4. Gear up. Athletes need to wear appropriate protective gear during practices and games. Shin guards for soccer players, kneepads for volleyball players, a hard-shell helmet for batters, and helmets and pads for ice hockey and football players. These precautions will prevent unnecessary injuries and concussions.
5. Stay hydrated. During these warm late summer practices and games, it's easy to forget to drink enough and get dehydrated. Athletes should be taking regular water breaks and drinking water or an electrolyte sports drink before, during, and after exertion. Pssst, they should be doing this even after the weather gets cooler, too!
6. Listen to your body. Yes, it is important to be at practice and show the coach that you're dedicated. No, it doesn't help anyone if that dedication leads to an injuiry that ends your season. Kids need to know when to take it easy.
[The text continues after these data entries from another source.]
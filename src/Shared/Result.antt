-- ===== src/Shared/Result.antt =====
-- The `BJ_OK` and `BJ_ERR_*` codes of the C functions as a result.
use binjson_structures.Shared.{◌≡◌, refl, ap, ◌⊎◌, inl, inr, ℕ}

-- The error codes that the sources name; `host` is any other nonzero code of a callback.
pub data Err : Type 0 where
  oom eof state range verify unknown_type depth : Err
  host : ℕ → Err

pub data Result {ℓ} (A : Type ℓ) : Type ℓ where
  ok : A → Result A
  err : Err → Result A

pub Result-cases {ℓ} :
    {A : Type ℓ} (r : Result A) → ((a : A) × (r ≡ ok a)) ⊎ ((e : Err) × (r ≡ err e))
Result-cases (ok a) = inl (a, refl)
Result-cases (err e) = inr (e, refl)

abbrev value_or {ℓ} : {A : Type ℓ} → A → Result A → A
value_or d (ok a) = a
value_or d (err e) = d

pub ok-injective {ℓ} : {A : Type ℓ} (a b : A) → ok a ≡ ok b → a ≡ b
ok-injective a b h = ap (value_or a) h
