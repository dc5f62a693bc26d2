-- ===== src/Shared/State.antt =====
-- Functions that change a state and may fail: the state stands also behind an error.
use binjson_structures.Shared.{Bool, true, false}
use binjson_structures.Shared.Result.{Result, ok, err, Err}

abbrev pub Action : Type 0 → Type 0 → Type 0
Action S A = S → Result A × S

abbrev pub bind_result : {S A B : Type 0} → Result A × S → (A → Action S B) → Result B × S
bind_result (ok a, s) f = f a s
bind_result (err e, s) f = (err e, s)

infixl 5 ◌>>=◌ ◌>>◌
unfoldable pub ◌>>=◌ : {S A B : Type 0} → Action S A → (A → Action S B) → Action S B
◌>>=◌ m f s = bind_result (m s) f

unfoldable pub ◌>>◌ : {S B : Type 0} → Action S (Unit {0}) → Action S B → Action S B
◌>>◌ m k s = bind_result (m s) (λ _. k)

unfoldable pub pure : {S A : Type 0} → A → Action S A
pure a s = (ok a, s)

unfoldable pub fail : {S A : Type 0} → Err → Action S A
fail e s = (err e, s)

unfoldable pub get : {S : Type 0} → Action S S
get s = (ok s, s)

unfoldable pub put : {S : Type 0} → S → Action S (Unit {0})
put s _ = (ok tt, s)

unfoldable pub lift : {S A : Type 0} → Result A → Action S A
lift r s = (r, s)

unfoldable pub check : {S : Type 0} → Bool → Err → Action S (Unit {0})
check true e s = (ok tt, s)
check false e s = (err e, s)

-- A proof that computes with actions names this on its `unfolding` line.
unfoldable pub actions : Unit {0}
unfolding ◌>>=◌ ◌>>◌ pure fail get put lift check
actions = tt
They should be reminded that they shouldn't practice or play a game when they're exhausted or in pain. "Allow your child to listen to their own body when it says it needs rest and relaxation," says Dr. Greenlee.
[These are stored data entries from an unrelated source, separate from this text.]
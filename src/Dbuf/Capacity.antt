-- ===== src/Dbuf/Capacity.antt =====
-- The capacity of a buffer that grows by doubling.
use binjson_structures.Shared.{
  ℕ, zero, suc, ◌+◌, ◌*◌, ◌/◌, Bool, Option, none, some, ltb, leb, ◌==◌, if◌then◌else◌,
}
use binjson_structures.Shared.Result.{Result, ok, err, oom}

-- What the C library and the machine decide: SIZE_MAX, and the sizes that `realloc` serves.
pub record Platform : Type 0 where
  pub size_max : ℕ
  pub can_alloc : ℕ → Bool

module _ (plat : Platform) where
  -- `while (nc < need) { if (nc > SIZE_MAX / 2) return BJ_ERR_OOM; nc *= 2; }` on fuel; `none`
  -- means that the fuel ran out.
  unfoldable pub double_until : ℕ → ℕ → ℕ → Option (Result ℕ)
  double_until zero nc need = none
  double_until (suc fuel) nc need =
      let rest = double_until fuel (nc * 2) need in
      if ltb nc need
      then if ltb (plat.size_max / 2) nc then some (err oom) else rest
      else some (ok nc)

  -- `realloc` at the capacity that the loop found.
  unfoldable pub reallocate : Option (Result ℕ) → Result ℕ
  reallocate none = err oom
  reallocate (some (err e)) = err e
  reallocate (some (ok nc)) = if plat.can_alloc nc then ok nc else err oom

  -- The new capacity. A doubling adds one at least, so `need + 1` rounds are enough.
  unfoldable pub next_capacity : ℕ → ℕ → Result ℕ
  unfolding reallocate
  next_capacity cap need = reallocate (double_until (need + 1) (if cap == 0 then 256 else cap) need)

  -- `grow` of src/bjfile.c on the capacity.
  unfoldable pub grow : ℕ → ℕ → Result ℕ
  grow cap need = if leb need cap then ok cap else next_capacity cap need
7. Know when to ask for help. If your child is experiencing persistent pain that interferes with movement, or if they have excessive swelling, bruising, or bleeding that doesn't improve, it's time to schedule an appointment to have their injury evaluated, says Dr. Salob.
Dr. Salob and Dr. Greenlee see patients at Englewood Orthopedic Associates, located on South Van Brunt Street in Englewood, NJ. The Englewood Health Physician Network also has orthopedic offices in Paramus, Cliffside Park, Jersey City, and Fair Lawn. For more information or to find a doctor or make an appointment, visit: englewoodhealth.org/appointments. Alright, now get out there and play ball!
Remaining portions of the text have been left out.